_ASSIGNMENT_:
Search the entries for the word "serviced" and pull out each line that has it.

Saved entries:
####
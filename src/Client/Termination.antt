-- ===== src/Client/Termination.antt =====
-- The loops of `_read_response` end.
use angr_ghidra_core.Prelude.{
  ℕ, zero, suc, ◌+◌, ◌<◌, ◌≤◌, true, false, [], ◌∷◌, none, ◌≡◌, ◌≢◌, refl, arith, length, bit_and,
  ◌==◌, Bool-cases, inl, inr, Bool, Option-cases, get_elem?, if◌then◌else◌,
}
use angr_ghidra_core.Prelude.Result.{err, out_of_fuel, Result-cases}
use angr_ghidra_core.Packed.{Bytes, header_mask, element_start}
use angr_ghidra_core.Packed.Decoder.{
  Decoder, init, open_element, open_run, byte, read_id, skip_attrs, rounds,
}
use angr_ghidra_core.Packed.Progress.{fuel_case, skip_attrs-Reaches, read_id-Reaches}
use angr_ghidra_core.Framing.{
  query_start, response_start, response_end, exception_start, string_start, string_end, error_start,
  warning_start, warning_end,
}
use angr_ghidra_core.Transport.{Transport, Run, read_to_burst, read_payload}
use angr_ghidra_core.Transport.Shortening.{
  Left, Left-le, Left-ne, after-Left, read_to_burst-Left, read_payload-Left,
}
use angr_ghidra_core.Client.{
  Answer, answer_to, read_query_param, raise_exception, open_query, write_answer, service_query,
  await_response, Response, Current, next_for, ended_text, no_target, main_output, text,
  init_response, end_error, next_burst, on_warning, on_burst, read_bursts, read_response, raised,
  encoder, bytes, encoded, string, truth, nothing, other,
}

read_query_param-Left : (t : Transport) (n : ℕ) → length t.input ≤ n → Left n (read_query_param t)
unfolding read_query_param
read_query_param-Left t n h =
    after-Left n n _ (read_to_burst t) (read_to_burst-Left t n h) (λ code t' less.
      elim (Bool-cases (code == string_start)) [
        | inr ne ↦ rw ne refl
        | inl e ↦ rw e (
            after-Left n n _ (read_payload t') (read_payload-Left t' n (omega arith))
              (λ (payload, end) t2 less2. elim (Bool-cases (end == string_end)) [
                | inl e ↦ rw e less2
                | inr e ↦ rw e refl
              ]))
      ])

raise_exception-Left :
    (A : Type 0) (t : Transport) (n : ℕ) → length t.input ≤ n → Left n (raise_exception {A = A} t)
unfolding raise_exception
raise_exception-Left A t n h =
    after-Left n n _ (read_query_param t) (read_query_param-Left t n h) (λ kind t1 less1.
      after-Left n n _ (read_query_param t1) (read_query_param-Left t1 n (omega arith))
        (λ message t2 less2.
          after-Left n n _ (read_to_burst t2) (read_to_burst-Left t2 n (omega arith))
            (λ code t3 less3. refl)))

write_answer-Left :
    (answer : Answer) (t : Transport) (n : ℕ) → length t.input < n → Left n (write_answer answer t)
unfolding write_answer
write_answer-Left (encoder []) t n h = h
write_answer-Left (encoder (b ∷ bs)) t n h = h
write_answer-Left (truth true) t n h = h
write_answer-Left (truth false) t n h = h
write_answer-Left (bytes []) t n h = h
write_answer-Left (bytes (b ∷ bs)) t n h = h
write_answer-Left (encoded bs) t n h = h
write_answer-Left (string s) t n h = h
write_answer-Left nothing t n h = h
write_answer-Left other t n h = refl
write_answer-Left (raised kind message) t n h = h

next_for-Left :
    (c : Current) (r : Response) (t : Transport) (n : ℕ)
    → length t.input ≤ n
    → Left n (next_for c r t)
next_for-Left no_target r t n h =
    after-Left n n _ (read_to_burst t) (read_to_burst-Left t n h) (λ code t' less. less)
next_for-Left main_output r t n h =
    after-Left n n _ (read_payload t) (read_payload-Left t n h) (λ p t' less. less)
next_for-Left (text s) r t n h =
    after-Left n n _ (read_payload t) (read_payload-Left t n h) (λ p t' less. less)

next_burst-Left :
    (r : Response) (t : Transport) (n : ℕ) → length t.input ≤ n → Left n (next_burst r t)
unfolding next_burst
next_burst-Left r t n h = next_for-Left r.current r t n h

ended_text-Left :
    (c : Current) (r : Response) (t : Transport) (n : ℕ)
    → length t.input < n
    → Left n (ended_text c r t)
ended_text-Left no_target r t n h = refl
ended_text-Left main_output r t n h = h
ended_text-Left (text s) r t n h = h

open_run-fuel_case : (ident : ℕ) (d : Decoder) → fuel_case (open_run none ident d).0 ≡ false
unfolding open_run
open_run-fuel_case ident d =
    let reaches = skip_attrs-Reaches (rounds d.buf) d.buf d.at (omega arith) (omega arith) in
    elim (Result-cases (skip_attrs (rounds d.buf) d.buf d.at)) [
      | inl (at, e) ↦ rw e refl
      | inr (x, e) ↦ rw e (rw e at reaches)
    ]

byte-fuel_case : (buf : Bytes) (at : ℕ) → fuel_case (byte buf at) ≡ false
unfolding byte
byte-fuel_case buf at = elim (Option-cases (get_elem? buf at)) [
  | inl e ↦ rw (byte, e) refl
  | inr (b, e) ↦ rw (byte, e) refl
]

-- Opening an element never runs out of rounds.
open_element-fuel_case : (d : Decoder) → fuel_case (open_element none d).0 ≡ false
unfolding open_element
open_element-fuel_case d = elim (Result-cases (byte d.buf d.at)) [
  | inr (x, e) ↦ rw (open_element, e) (rw e at (byte-fuel_case d.buf d.at))
  | inl (header, e) ↦ elim (Bool-cases (bit_and header header_mask == element_start)) [
    | inr closed ↦ rw (open_element, e, closed) refl
    | inl opening ↦ elim (Result-cases (read_id d.buf d.at)) [
      | inr (x, f) ↦ rw (open_element, e, opening, f) (rw f at (read_id-Reaches d.buf d.at))
      | inl (p, f) ↦ rw (open_element, e, opening, f) (open_run-fuel_case p.0 _)
    ]
  ]
]

open_query-Left :
    (payload : Bytes) (t : Transport) (n : ℕ) → length t.input < n → Left n (open_query payload t)
open_query-Left payload t n h =
    let opens = open_element-fuel_case (init payload) in
    elim (Result-cases (open_element none (init payload)).0) [
      | inl (ident, e) ↦ rw (open_query, e) h
      | inr (x, e) ↦ rw (open_query, e) (rw e at opens)
    ]

service_query-Left :
    (handler : ℕ → Decoder → Answer) (t : Transport) (n : ℕ)
    → length t.input ≤ n
    → Left n (service_query handler t)
unfolding service_query
service_query-Left handler t n h =
    after-Left n n _ (read_query_param t) (read_query_param-Left t n h) (λ payload t1 less1.
      after-Left n n _ (open_query payload t1) (open_query-Left payload t1 n less1)
        (λ (ident, decoder) t2 less2.
          let answer = answer_to handler ident decoder in
          after-Left n n _ (write_answer answer t2) (write_answer-Left answer t2 n less2)
            (λ done t3 less3.
              after-Left n n _ (read_to_burst t3) (read_to_burst-Left t3 n (omega arith))
                (λ code t4 less4. less4))))

await_response-Left :
    (fuel : ℕ) (t : Transport) → length t.input < fuel → Left fuel (await_response fuel t)
unfolding await_response
await_response-Left zero t h = absurd (omega arith)
await_response-Left (suc fuel) t h =
    after-Left fuel (suc fuel) _ (read_to_burst t) (read_to_burst-Left t fuel (omega arith))
      (λ code t' less. elim (Bool-cases (bit_and code 1 == 1)) [
        | inl odd ↦ rw odd (
            Left-le fuel (suc fuel) (await_response fuel t') (await_response-Left fuel t' less)
              (omega arith))
        | inr even ↦ elim (Bool-cases (code == exception_start)) [
          | inl e ↦ rw (even, e) (raise_exception-Left _ t' (suc fuel) (omega arith))
          | inr ne ↦ elim (Bool-cases (code == response_start)) [
            | inl e ↦ rw (even, ne, e) (omega arith)
            | inr nothing_else ↦ rw (even, ne, nothing_else) refl
          ]
        ]
      ])

choose-Left :
    {A : Type 0} (b : Bool) (n : ℕ) (t : Transport) (x y : Run Transport A)
    → Left n (x t)
    → Left n (y t)
    → Left n ((if b then x else y) t)
choose-Left true n t x y hx hy = hx
choose-Left false n t x y hx hy = hy

end_error-Left :
    (r : Response) (t : Transport) (n : ℕ) → length t.input < n → Left n (end_error r t)
unfolding end_error
end_error-Left r t n h = ended_text-Left r.current r t n h

warning-Left :
    (code : ℕ) (r : Response) (t : Transport) (n : ℕ)
    → length t.input ≤ n
    → Left n (on_warning code r t)
warning-Left code r t n h =
    after-Left n n _ (read_payload t) (read_payload-Left t n h)
      (λ (payload, end) t' less. choose-Left (end == warning_end) n t' _ _ less refl)

on_burst-Left :
    (handler : ℕ → Decoder → Answer) (code : ℕ) (r : Response) (t : Transport) (n : ℕ)
    → length t.input ≤ n
    → Left n (on_burst handler code r t)
unfolding on_burst
on_burst-Left handler code r t n h =
    let next : (r' : Response) → Left n (next_burst r' t) = λ r'. next_burst-Left r' t n h in
    let serviced =
      after-Left n n _ (service_query handler t) (service_query-Left handler t n h)
        (λ done t' less. next_burst-Left r t' n (omega arith)) in
    let ended =
      after-Left (suc n) n _ (end_error r t) (end_error-Left r t (suc n) (omega arith))
        (λ r' t' less. next_burst-Left r' t' n (omega arith)) in
    choose-Left (code == query_start) n t _ _ serviced (
      choose-Left (code == exception_start) n t _ _ (raise_exception-Left _ t n h) (
        choose-Left (code == string_start) n t _ _ (next _) (
          choose-Left (code == string_end) n t _ _ (next _) (
            choose-Left (code == error_start) n t _ _ (next _) (
              choose-Left (code == error_start + 1) n t _ _ ended
                (choose-Left (code == warning_start) n t _ _ (warning-Left code r t n h) refl))))))

read_bursts-Left :
    (handler : ℕ → Decoder → Answer) (fuel code : ℕ) (r : Response) (t : Transport)
    → length t.input < fuel
    → Left fuel (read_bursts handler fuel code r t)
unfolding read_bursts
read_bursts-Left handler zero code r t h = absurd (omega arith)
read_bursts-Left handler (suc fuel) code r t h =
    choose-Left (code == response_end) (suc fuel) t _ _ h (
      after-Left fuel (suc fuel) _ (on_burst handler code r t)
        (on_burst-Left handler code r t fuel (omega arith))
        (λ (code', r') t' less.
          Left-le fuel (suc fuel) (read_bursts handler fuel code' r' t')
            (read_bursts-Left handler fuel code' r' t' less) (omega arith)))

-- Whatever stands in the input and whatever the oracle answers, reading a response ends: with the
-- output and the message or with a Python exception.
pub read_response-ne-out_of_fuel :
    (handler : ℕ → Decoder → Answer) (t : Transport) → (read_response handler t).0 ≢ err out_of_fuel
unfolding read_response
read_response-ne-out_of_fuel handler t =
    let n = suc (length t.input) in
    Left-ne n (read_response handler t) (
      after-Left n n _ (await_response n t) (await_response-Left n t (omega arith))
        (λ done t1 less1.
          after-Left n n _ (read_to_burst t1) (read_to_burst-Left t1 n (omega arith))
            (λ code t2 less2.
              let fuel = suc (length t2.input) in
              after-Left fuel n _ (read_bursts handler fuel code init_response t2)
                (read_bursts-Left handler fuel code init_response t2 (omega arith))
                (λ r t3 less3. omega arith))))
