-- ===== src/Client/Tests.antt =====
-- The theorems on the client's loops at concrete streams.
use angr_ghidra_core.Prelude.{ℕ, [], ◌∷◌, ◌++◌, ◌≡◌, ◌≢◌, arith}
use angr_ghidra_core.Prelude.Result.{err, protocol_error, out_of_fuel}
use angr_ghidra_core.Packed.{Bytes}
use angr_ghidra_core.Packed.Decoder.{Decoder}
use angr_ghidra_core.Framing.{marker, response_start, string_start}
use angr_ghidra_core.Transport.Bursts.{pipe}
use angr_ghidra_core.Client.{Answer, nothing, read_response}
use angr_ghidra_core.Client.Failures.{warning_bytes, read_response-warning}
use angr_ghidra_core.Client.Termination.{read_response-ne-out_of_fuel}

abbrev silent : ℕ → Decoder → Answer
silent ident decoder = nothing

abbrev hi : Bytes
hi = b'h' ∷ b'i' ∷ []

read_response-warning_example :
    read_response silent
      (pipe (marker response_start ++ (warning_bytes hi ++ (marker string_start ++ (9 ∷ [])))) [])
    ≡ (err protocol_error, pipe (9 ∷ []) [])
read_response-warning_example =
    read_response-warning silent hi string_start (9 ∷ []) []
      ((omega arith, omega arith), ((omega arith, omega arith), tt)) (omega arith) (omega arith)

read_response-ne-out_of_fuel_example :
    (read_response silent (pipe (0 ∷ 1 ∷ 6 ∷ 0 ∷ 1 ∷ 4 ∷ []) [])).0 ≢ err out_of_fuel
read_response-ne-out_of_fuel_example =
    read_response-ne-out_of_fuel silent (pipe (0 ∷ 1 ∷ 6 ∷ 0 ∷ 1 ∷ 4 ∷ []) [])
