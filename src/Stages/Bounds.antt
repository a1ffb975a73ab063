-- ===== src/Stages/Bounds.antt =====
-- ExecuteStage of src/stages.cc: what it computes fits 64 bits.
use ca.Base.{
  ℕ, ◌+◌, ◌-◌, ◌%◌, ◌^◌, ◌<◌, ◌≡◌, arith, ok, bind, u64, bit_and, refl, if◌then◌else◌, Bool, true,
  false, ◌&&◌, IfGives, IfGives-bind, IfGives-anything, if_elim,
}
use ca.Base.Int.{ℤ, signed, unsigned}
use ca.Base.Bits.{bit_operations_below, bit_and_even}
use ca.Alu.{Alu, set_a, set_b, set_op}
use ca.Alu.Bounds.{unsigned_below, get_result_below}
use ca.Decoder.{Opcode, auipc, lui, jal, jalr}
use ca.Control.{ControlSignals}
use ca.Stages.{IdEx}
use ca.Stages.Execute.{
  Executed, execute_instruction, next_instruction, operand_a, operand_b, evaluate_branch, int64_sum,
  jump_target, adjust_result, compute_pc_relative_target,
}

operand_a_below : (o : Opcode) (pc x : ℕ) → pc < 2 ^ 64 → x < 2 ^ 64 → operand_a o pc x < 2 ^ 64
unfolding operand_a
operand_a_below auipc pc x hp hx = hp
operand_a_below lui pc x hp hx = omega arith
operand_a_below _ pc x hp hx = hx

operand_b_below : (c : ControlSignals) (imm : ℤ) (y : ℕ) → y < 2 ^ 64 → operand_b c imm y < 2 ^ 64
unfolding operand_b
operand_b_below c imm y h = ground (arith, unsigned_below imm)

target_below : (pc : ℕ) (imm : ℤ) → compute_pc_relative_target pc imm < 2 ^ 64
unfolding compute_pc_relative_target
target_below pc imm = omega arith

adjust_result_below :
    (o : Opcode) (pc r : ℕ) (imm : ℤ) → r < 2 ^ 64 → adjust_result o pc imm r < 2 ^ 64
unfolding adjust_result
adjust_result_below auipc pc r imm h = target_below pc imm
adjust_result_below _ pc r imm h = h

-- The mask of a jump through a register keeps the bound and clears the lowest bit.
masked_below : (z : ℤ) → bit_and (unsigned 64 z) (2 ^ 64 - 2) < 2 ^ 64
masked_below z =
    (bit_operations_below 64 (unsigned 64 z) (2 ^ 64 - 2) (unsigned_below z) (omega arith)).0

-- A target, which is even if the jump is through a register.
abbrev IsTarget : Opcode → ℕ → Type 0
IsTarget o t = (t < 2 ^ 64) × (o ≡ jalr → t % 2 ≡ 0)

jump_target-IsTarget :
    (o : Opcode) (pc x : ℕ) (imm : ℤ) → IfGives (IsTarget o) (jump_target o pc imm x)
unfolding jump_target
jump_target-IsTarget jal pc x imm = (target_below pc imm, λ other. cc)
jump_target-IsTarget jalr pc x imm =
    IfGives-bind (λ z. Unit) (IsTarget jalr) (int64_sum (signed 64 x) imm) _
      (IfGives-anything (int64_sum (signed 64 x) imm))
      λ z _. (masked_below z, λ same. bit_and_even (unsigned 64 z) (2 ^ 64 - 2) refl)
jump_target-IsTarget _ pc x imm = (omega arith, λ other. cc)

-- What the stage passes on fits 64 bits, and the target of a jump through a register is even.
abbrev pub IsBounded : IdEx → Executed → Type 0
IsBounded i e =
    (e.result < 2 ^ 64)
    × (e.next_pc < 2 ^ 64)
    × (i.control.is_jump ≡ true → i.opcode ≡ jalr → e.next_pc % 2 ≡ 0)

branched_below :
    (i : IdEx) (x y : ℕ)
    → (if i.control.is_branch && evaluate_branch i.funct3 x y
        then compute_pc_relative_target i.pc i.immediate
        else 0)
      < 2 ^ 64
branched_below i x y =
    if_elim (λ n. n < 2 ^ 64) (i.control.is_branch && evaluate_branch i.funct3 x y) _ 0
      (target_below i.pc i.immediate) (omega arith)

next_instruction-IsBounded :
    (i : IdEx) (x y r : ℕ) → r < 2 ^ 64 → IfGives (IsBounded i) (next_instruction i x y r)
unfolding next_instruction
next_instruction-IsBounded i x y r hr = go i.control.is_jump
  where
    taken : Bool
    taken = i.control.is_branch && evaluate_branch i.funct3 x y

    go :
        (b : Bool)
        → IfGives
            (λ (e : Executed).
              (e.result < 2 ^ 64)
              × (e.next_pc < 2 ^ 64)
              × (b ≡ true → i.opcode ≡ jalr → e.next_pc % 2 ≡ 0))
            (if b
              then bind (jump_target i.opcode i.pc i.immediate x) (λ target.
                ok (record { result = u64 (i.pc + 4); pc_write_enable = true; next_pc = target }))
              else ok (record {
                result = r;
                pc_write_enable = taken;
                next_pc = if taken then compute_pc_relative_target i.pc i.immediate else 0;
              }))
    go true =
        IfGives-bind (IsTarget i.opcode) _ (jump_target i.opcode i.pc i.immediate x) _
          (jump_target-IsTarget i.opcode i.pc x i.immediate) λ t h. (omega arith, h.0, λ _. h.1)
    go false = (hr, branched_below i x y, λ jumps. cc)

-- For a PC and source values below 2 ^ 64, whatever the immediate, the control signals and the ALU
-- are: if the execution of an instruction gives a result, then that, the new PC and both operands of
-- the ALU are below 2 ^ 64, and the new PC of a jump through a register is even.
pub execute_instruction-IsBounded :
    (i : IdEx) (alu : Alu) (x y : ℕ)
    → i.pc < 2 ^ 64
    → x < 2 ^ 64
    → y < 2 ^ 64
    → IfGives
        (λ r. IsBounded i r.0 × (r.1.a < 2 ^ 64) × (r.1.b < 2 ^ 64))
        (execute_instruction i alu x y)
unfolding execute_instruction set_a set_b set_op
execute_instruction-IsBounded i alu x y hp hx hy =
    let ha = operand_a_below i.opcode i.pc x hp hx in
    let hb = operand_b_below i.control i.immediate y hy in
    IfGives-bind (λ r. r < 2 ^ 64) _ _ _ (get_result_below _ ha hb)
      λ r hr.
        IfGives-bind (IsBounded i) _ _ _
          (next_instruction-IsBounded i x y (adjust_result i.opcode i.pc i.immediate r)
            (adjust_result_below i.opcode i.pc r i.immediate hr))
          λ e h. (h, ha, hb)
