-- ===== src/Stages/Tests.antt =====
-- The branch unit and the execute stage at concrete values.
use ca.Alu.{Alu}
use ca.Alu
use ca.Base.Int.{pos}
use ca.Stages.Bounds.{IsBounded, execute_instruction-IsBounded}
use ca.Base.{◌≡◌, ◌↔◌, ◌^◌, ◌-◌, arith, true, IfGives, ◌<◌}
use ca.Control.{no_signals}
use ca.Decoder.{jalr}
use ca.Stages.{IdEx, empty_id_ex}
use ca.Stages.Execute.{execute_instruction, evaluate_branch}
use ca.Stages.Branches.{Condition, evaluate_branch_iff}

-- -1 < 1, signed.
evaluate_branch_iff_example : (evaluate_branch 4 (2 ^ 64 - 1) 1 ≡ true) ↔ Condition 4 (2 ^ 64 - 1) 1
evaluate_branch_iff_example = evaluate_branch_iff 4 (2 ^ 64 - 1) 1

abbrev idle_alu : Alu
idle_alu = record { a = 0; b = 0; op = Alu.nop }

-- jalr r1, 2(r5) at 0x40, with an odd value in r5.
abbrev jumping : IdEx
jumping = record empty_id_ex {
  pc = 0x40;
  immediate = pos 2;
  rs1 = 5;
  rd = 1;
  opcode = jalr;
  control = record no_signals { is_jump = true; reg_write = true };
}

execute_instruction-IsBounded_example :
    IfGives
      (λ r. IsBounded jumping r.0 × (r.1.a < 2 ^ 64) × (r.1.b < 2 ^ 64))
      (execute_instruction jumping idle_alu 0x2001 0)
execute_instruction-IsBounded_example =
    execute_instruction-IsBounded jumping idle_alu 0x2001 0 (omega arith) (omega arith)
      (omega arith)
####
_REPLY TO THE EXERCISE_:
    let serviced =
    choose-Left (code == query_start) n t _ _ serviced (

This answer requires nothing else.